Welcome, December! Can I give you an award for trying the hardest under adverse circumstances? Dark days -- but so much light and color in our homes! Cold weather sweeping through -- and still there's the hope of snow! People singing, music playing, bakers firing up the ovens, mail delivery with delightful messages from friends who may be far, or may otherwise not write you and yet, here we are, updating each other, because we care.
I know not everyone celebrates Christmas. I live with a person who doesn't celebrate Christmas. And I myself pick and choose what from this holiday fits within my worldview. [My religious beliefs are amply documented in Like a Swallow, so if you have read it, you'll know where I stand on those issues. A hint: just because I come from a country that to this day has 93% of its people self identifying as Catholic (NYT, November 2022), and that's a drop from the 99% of Poles describing themselves as such in my youth, and just because I love listening to O Holy Night, and I was moved to tears at age twelve by the Prayer of St. Francis of Assisi, it does not mean that I am one who would ever complain that Christmas has become too, well, secular. I truly believe that people should celebrate the holiday, any holiday, however they want to. If for some it means crazy shopping and holiday partying and singing jingle bells all day long -- why, isn't that better than losing yourself in the gloom of a month that is, well, rather gloomy? I write as a Pole-turned-Wisconsinite. Gloom, I tell you!]
So, welcome, December! You are at once dark and gloomy, but, too, the most deliberately colorful, delightful, and playful month of the year. (Well, for me anyway.)
I wake early, because Ed opened the door and "accidentally" let the cats into the bedroom. I do not like cats in the bedroom at night. I do not sleep well with cats in the bedroom at night. So I growl and fein deep displeasure, though honestly, it's the nudge I needed to get up and get going.
He asked, as he does each morning -- what do you have to do today? I tick off the list: animal care, tree care, tidy the downstairs, mail first batch of (international) cards, grocery delivery, bakery visit to celebrate our return to normal eating, first wrapping job, Snowdrop sitting, daughter chat, dinner prep.
In other words a pretty quiet day? -- he says.

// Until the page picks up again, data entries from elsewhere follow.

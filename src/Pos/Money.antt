-- ===== src/Pos/Money.antt =====
-- The money of a sale at the counter: pos.service.ts.
use Prim.Native.String.{String}
use stock_pilot_be.Prelude.{
  ℕ, suc, ◌≡◌, ◌≢◌, refl, not, Bool, true, false, Option, List, [], ◌∷◌, ap, ◌∙◌, sym, Option-cases,
  inl, inr,
}
use stock_pilot_be.Prelude.Int.{ℤ, pos, ◌+ℤ◌, ◌-ℤ◌, ◌≤ℤ◌, ltb_ℤ-le, int_laws}
use stock_pilot_be.Prelude.Rows.{find_first}
use stock_pilot_be.Prelude.Result.{
  Result, ensure-eq-ok, Ensures, Ensures-bind, Ensures-call, returns, fails,
}
use stock_pilot_be.Schema.{
  Database, StockItem, Order, OrderItem, OrderStatus, Payment, PaymentMethod, PaymentStatus,
}
use stock_pilot_be.Ledger.{StockChangeItem}
use stock_pilot_be.Ledger.Normalize.{normalize-ne}
use stock_pilot_be.Orders.Draft.{Decimals, RawLine, subtotal_of, sum_ℤ, IsExact}
use stock_pilot_be.Orders.Create.{clashes, IsBalanced}
use stock_pilot_be.Orders.Balance.{
  Paired, none_left, one_more, new_items-refundable, new_items-subtotal,
}
use stock_pilot_be.Pos.{
  CreatePosSaleInput, store_sale, store_payment, is_paid_before, new_payment, confirmed, fulfilled,
  unique_is_conflict, cash_sale, create_cash_sale,
}
use stock_pilot_be.Pos.Sale.{
  PosItem, pos_items, pos_lines, pos_allocate, pos_share, sum-pos_allocate,
}

pub Ensures-unique {ℓ κ} :
    {A : Type ℓ} {P : A → Type κ} {m : Result A} → Ensures P m → Ensures P (unique_is_conflict m)
unfolding unique_is_conflict
Ensures-unique (returns p) = returns p
Ensures-unique fails = fails

pub pos_allocate-Paired :
    (d : Decimals) (subtotal discount tax total allocated : ℤ) (ls : List RawLine)
    → Paired ls (pos_allocate d subtotal discount tax total allocated ls)
unfolding pos_allocate
pos_allocate-Paired d subtotal discount tax total allocated [] = none_left
pos_allocate-Paired d subtotal discount tax total allocated (l ∷ []) = one_more none_left
pos_allocate-Paired d subtotal discount tax total allocated (l ∷ m ∷ ls) = one_more (
    pos_allocate-Paired d subtotal discount tax total
      (allocated +ℤ pos_share d subtotal discount tax total l) (m ∷ ls))

pub pos_lines-ne :
    (d : Decimals) (asked : List PosItem) (items : List StockItem) (xs : List StockChangeItem)
    → xs ≢ []
    → Ensures (λ ls. ls ≢ []) (pos_lines d asked items xs)
unfolding pos_lines
pos_lines-ne d asked items [] h = absurd (h refl)
pos_lines-ne d asked items (x ∷ xs) h =
    Ensures-bind λ s es. Ensures-bind λ rest er. returns (λ e. cc)

-- The order is balanced and fulfilled, and one payment has paid its total.
pub record IsSold (r : ((Order × List OrderItem) × Payment) × Database) : Type 0 where
  pub balanced : IsBalanced r.0.0.0 r.0.0.1
  pub status : r.0.0.0.status ≡ OrderStatus.fulfilled
  pub amount : r.0.1.amount ≡ r.0.0.0.total_amount
  pub paid : r.0.1.status ≡ PaymentStatus.paid

module _ (d : Decimals) (exact : IsExact d) where
  pub sum_of_all :
      (subtotal discount tax total : ℤ) (ls : List RawLine)
      → ls ≢ []
      → sum_ℤ (pos_allocate d subtotal discount tax total (pos 0) ls) ≡ total
  sum_of_all subtotal discount tax total [] h = absurd (h refl)
  sum_of_all subtotal discount tax total (l ∷ ls) h =
      zero_plus (sum_ℤ (pos_allocate d subtotal discount tax total (pos 0) (l ∷ ls)))
      ∙ sum-pos_allocate d exact subtotal discount tax total (pos 0) l ls
    where
      zero_plus : (q : ℤ) → q ≡ pos 0 +ℤ q
      zero_plus q = omega int_laws

  store_sale-IsBalanced :
      (now : ℕ) (number : String) (store user : ℕ) (discount tax total : ℤ) (key : Option String)
      (ls : List RawLine) (db : Database)
      → ls ≢ []
      → discount ≤ℤ subtotal_of ls
      → total ≡ subtotal_of ls -ℤ discount +ℤ tax
      → Ensures
          (λ r. IsBalanced r.0.0 r.0.1 × (r.0.0.total_amount ≡ total))
          (store_sale now number store user
            (subtotal_of ls)
            discount
            tax
            total
            key
            ls
            (pos_allocate d (subtotal_of ls) discount tax total (pos 0) ls)
            db)
  unfolding store_sale
  store_sale-IsBalanced now number store user discount tax total key ls db some_line within e =
      elim (Option-cases (find_first (clashes store number key) db.orders)) [
        | inr (old, clash) ↦ rw (clash, store_sale) fails
        | inl fresh ↦
            let pairs = pos_allocate-Paired d (subtotal_of ls) discount tax total (pos 0) ls in
            rw (fresh, store_sale)
              (returns (
                record {
                  total = e;
                  refundable =
                      ap sum_ℤ (new_items-refundable (suc db.next_id) store db.next_id pairs)
                      ∙ sum_of_all (subtotal_of ls) discount tax total ls some_line;
                  subtotals = new_items-subtotal (suc db.next_id) store db.next_id pairs;
                  discount = within;
                },
                refl,
              ))
      ]

store_payment-paid :
    (store : ℕ) (order : Order) (method : PaymentMethod) (total : ℤ) (key : Option String)
    (db : Database)
    → Ensures
        (λ r. (r.0.amount ≡ total) × (r.0.status ≡ PaymentStatus.paid))
        (store_payment store order method total key db)
unfolding store_payment
store_payment-paid store order method total key db =
    elim (Option-cases
      (find_first (is_paid_before (new_payment store order method total key db)) db.payments)) [
        | inr (old, clash) ↦ rw (clash, store_payment) fails
        | inl fresh ↦ rw (fresh, store_payment) (returns (refl, refl))
      ]

-- If the decimals are exact on amounts with two decimals, a sale of at least one item that succeeds is
-- fulfilled and balanced to the smallest unit: its total is the subtotal less the discount plus the
-- tax, its lines' subtotals and refundable amounts add up to the subtotal and the total, and the
-- payment, which is paid, is of the total.
pub create_cash_sale-IsSold :
    (d : Decimals) (now : ℕ) (number : String) (store user : ℕ) (input : CreatePosSaleInput)
    (key : Option String) (db : Database)
    → IsExact d
    → pos_items input.items ≢ []
    → Ensures IsSold (create_cash_sale d now number store user input key db)
unfolding create_cash_sale cash_sale confirmed fulfilled
create_cash_sale-IsSold d now number store user input key db exact asked = Ensures-unique (
    Ensures-bind λ w ew. Ensures-bind λ s es. Ensures-bind λ all_there ea.
      Ensures-call (pos_lines-ne d input.items _ _ (normalize-ne (pos_items input.items) asked))
        λ ls some_line. Ensures-bind λ within eh. Ensures-bind λ agreed eg.
          Ensures-call
            (store_sale-IsBalanced d exact now number store user (d.round input.discount_amount)
              (d.round input.tax_amount) _ key ls db some_line
              (ltb_ℤ-le (subtotal_of ls) (d.round input.discount_amount)
                (unflipped _ (ensure-eq-ok _ _ eh)))
              (exact.rounded _))
            λ o (balanced, total).
              Ensures-call (store_payment-paid store o.0.0 input.payment_method _ key o.1)
                λ p (amount, paid). Ensures-bind λ m em. returns (record {
                  balanced = record {
                    total = balanced.total;
                    refundable = balanced.refundable;
                    subtotals = balanced.subtotals;
                    discount = balanced.discount;
                  };
                  status = refl;
                  amount = amount ∙ sym total;
                  paid = paid;
                }))
  where
    unflipped : (b : Bool) → not b ≡ true → b ≡ false
    unflipped true h = cc
    unflipped false h = refl
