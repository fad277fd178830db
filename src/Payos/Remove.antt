-- ===== src/Payos/Remove.antt =====
-- The rows of a payment link's order, and their removal: pos-payos.service.ts.
use text.Mathlib.TextPositions.{compare_refl}
use stock_pilot_be.Ledger.{decimal}
use stock_pilot_be.Pos.{is_paid_before}
use stock_pilot_be.Prelude.{
  ℕ, suc, ◌+◌, ◌≡◌, refl, not, Bool, true, false, none, some, List, [], ◌∷◌, ◌++◌, ◌==◌, filter_by,
  length, All, ap, Option-cases, inl, inr, arith,
}
use stock_pilot_be.Prelude.Int.{ℤ}
use stock_pilot_be.Prelude.Rows.{find_first}
use stock_pilot_be.Prelude.Result.{Ensures, returns, fails}
use stock_pilot_be.Schema.{Database, Order, OrderItem, Payment}
use stock_pilot_be.Orders.Draft.{Decimals, RawLine}
use stock_pilot_be.Orders.{items_of}
use stock_pilot_be.Orders.Create.{clashes, new_items}
use stock_pilot_be.Payos.{find_payment, whole_units, has_code}
use stock_pilot_be.Payos.Link.{
  LinkDraft, PaymentLink, store_link, remove_order, pending_order, pending_items, pending_payment,
}

-- No row belongs to the order that comes next.
pub record IsFresh (db : Database) : Type 0 where
  pub orders : All (λ o. (o.id == db.next_id) ≡ false) db.orders
  pub items : All (λ i. (i.order_id == db.next_id) ≡ false) db.order_items
  pub payments : All (λ p. (p.order_id == db.next_id) ≡ false) db.payments

module _ {ℓ} {A : Type ℓ} (p : A → Bool) where
  filter_none : (xs : List A) → All (λ x. p x ≡ false) xs → filter_by p xs ≡ []
  filter_none [] h = refl
  filter_none (x ∷ xs) h = rw h.0 (filter_none xs h.1)

  filter_all : (xs : List A) → All (λ x. p x ≡ false) xs → filter_by (λ x. not (p x)) xs ≡ xs
  filter_all [] h = refl
  filter_all (x ∷ xs) h = rw h.0 (ap (λ ys. x ∷ ys) (filter_all xs h.1))

  filter_front :
      (xs ys : List A)
      → All (λ x. p x ≡ true) xs
      → filter_by p ys ≡ []
      → filter_by p (xs ++ ys) ≡ xs
  filter_front [] ys h e = e
  filter_front (x ∷ xs) ys h e = rw h.0 (ap (λ zs. x ∷ zs) (filter_front xs ys h.1 e))

  filter_back :
      (xs ys : List A)
      → All (λ x. p x ≡ true) xs
      → filter_by (λ x. not (p x)) (xs ++ ys) ≡ filter_by (λ x. not (p x)) ys
  filter_back [] ys h = refl
  filter_back (x ∷ xs) ys h = rw h.0 (filter_back xs ys h.1)

same_id : (n : ℕ) → (n == n) ≡ true
same_id n = ground arith

new_items-order :
    (id store order : ℕ) (ls : List RawLine) (amounts : List ℤ)
    → All (λ i. (i.order_id == order) ≡ true) (new_items id store order ls amounts)
unfolding new_items
new_items-order id store order [] amounts = tt
new_items-order id store order (l ∷ ls) [] = tt
new_items-order id store order (l ∷ ls) (q ∷ qs) =
    (same_id order, new_items-order (suc id) store order ls qs)

-- The tables, whatever the next id is.
abbrev pub tables : Database → Database
tables db = record db { next_id = 0 }

module _ (now store user code : ℕ) (draft : LinkDraft) (d : Decimals) (db : Database) where
  abbrev pub order : Order
  order = pending_order now store user code draft d db

  abbrev pub items : List OrderItem
  items = pending_items now store user code draft d db

  abbrev pub payment : Payment
  payment = pending_payment now store user code draft d db

  -- The tables with the order of the link.
  abbrev pub linked : Database
  linked = record db {
    next_id = suc (suc db.next_id + length items);
    orders = order ∷ db.orders;
    order_items = items ++ db.order_items;
    payments = payment ∷ db.payments;
  }

  abbrev pub offer : PaymentLink
  offer = record {
    order_id = db.next_id;
    order_number = order.order_number;
    order_code = code;
    amount = whole_units draft.total;
  }

  pub store_link-linked :
      Ensures (λ r. r ≡ ((order, items), linked)) (store_link now store user code draft d db)
  unfolding store_link
  store_link-linked =
      elim (Option-cases (find_first (clashes store order.order_number none) db.orders)) [
        | inr (old, clash) ↦ rw (clash, store_link) fails
        | inl free ↦
            rw (free, store_link)
              (elim (Option-cases (find_first (is_paid_before payment) db.payments)) [
                | inr (old, clash) ↦ rw clash fails
                | inl unpaid ↦ rw unpaid (returns refl)
              ])
      ]

  items-order : All (λ i. (i.order_id == db.next_id) ≡ true) items
  items-order = new_items-order (suc db.next_id) store db.next_id draft.lines _

  module _ (fresh : IsFresh db) where
    -- The link's order is removed without a trace.
    pub remove-linked : tables (remove_order db.next_id linked) ≡ tables db
    unfolding remove_order
    remove-linked = rw (same_id db.next_id) (
        rw
          (
            filter_all (λ o. o.id == db.next_id) db.orders fresh.orders,
            filter_back (λ i. i.order_id == db.next_id) items db.order_items items-order,
            filter_all (λ i. i.order_id == db.next_id) db.order_items fresh.items,
            filter_all (λ p. p.order_id == db.next_id) db.payments fresh.payments,
          )
          refl)

    items_of-linked : items_of db.next_id linked ≡ items
    items_of-linked =
        filter_front (λ i. i.order_id == db.next_id) items db.order_items items-order
          (filter_none (λ i. i.order_id == db.next_id) db.order_items fresh.items)

    -- The link's payment is found by its code.
    pub find_payment-linked :
        find_payment code linked ≡ some (record { payment = payment; order = order; items = items })
    unfolding find_payment
    find_payment-linked =
        rw (first_payment, find_payment)
          (rw (same_id db.next_id) (
            ap (λ x. some (record { payment = payment; order = order; items = x }))
              items_of-linked))
      where
        first_payment : find_first (has_code code) linked.payments ≡ some payment
        first_payment = rw (compare_refl (decimal code)) refl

I forgive him his comment because when he comes down for breakfast, and I turn off the holiday music -- an automatic gesture acknowledging the fact that Ed loves quiet, he stops me: you like it. who was that -- Frank Sinatra? And it all ends when, December 26? You want it on, you should keep it on.
Sweet, sweet Ed.
I pick up a bouncy Snowdrop. But she is not a girl who wants to spend any time outside these days. She allows me one photo...
And in she goes.
A friend of mine sent her a little advent calendar card and she gets right to it. A December 1st prerogative.
And in the evening, I drop her at her Thursday activity (Mathnasium, which she loves) and continue to her home for a visit with her mom. The funny moment of the day comes when I lose the car keys at their place. Not in my bag, not in my pockets, not on the car floor (Ed's suggestion), not on their floor, not on the grass outside (searched with a flashlight), not under the car. Gone! But how could that be?
Many, many searches later, I find them. They had slipped out of my pocket, down between the cushions of the armchair in which I had been sitting.
At the farmhouse, as I chop veggies in the kitchen for a supper of a hearty soup, I think -- maybe Ed was right. Maybe it was, in the end, a pretty quiet day. Colorful, musical, and busy. In a quiet sort of way.
(A much better place for cats to sleep, rather than the bed upstairs, don't you think? To the left -- meet Friendly. To the right -- Unfriendly. So named because she once was that. These days, Friendly adores Ed and Unfriendly adores me, and they're both, like the rest of the cats, terribly spooked by strange noises and strange people.)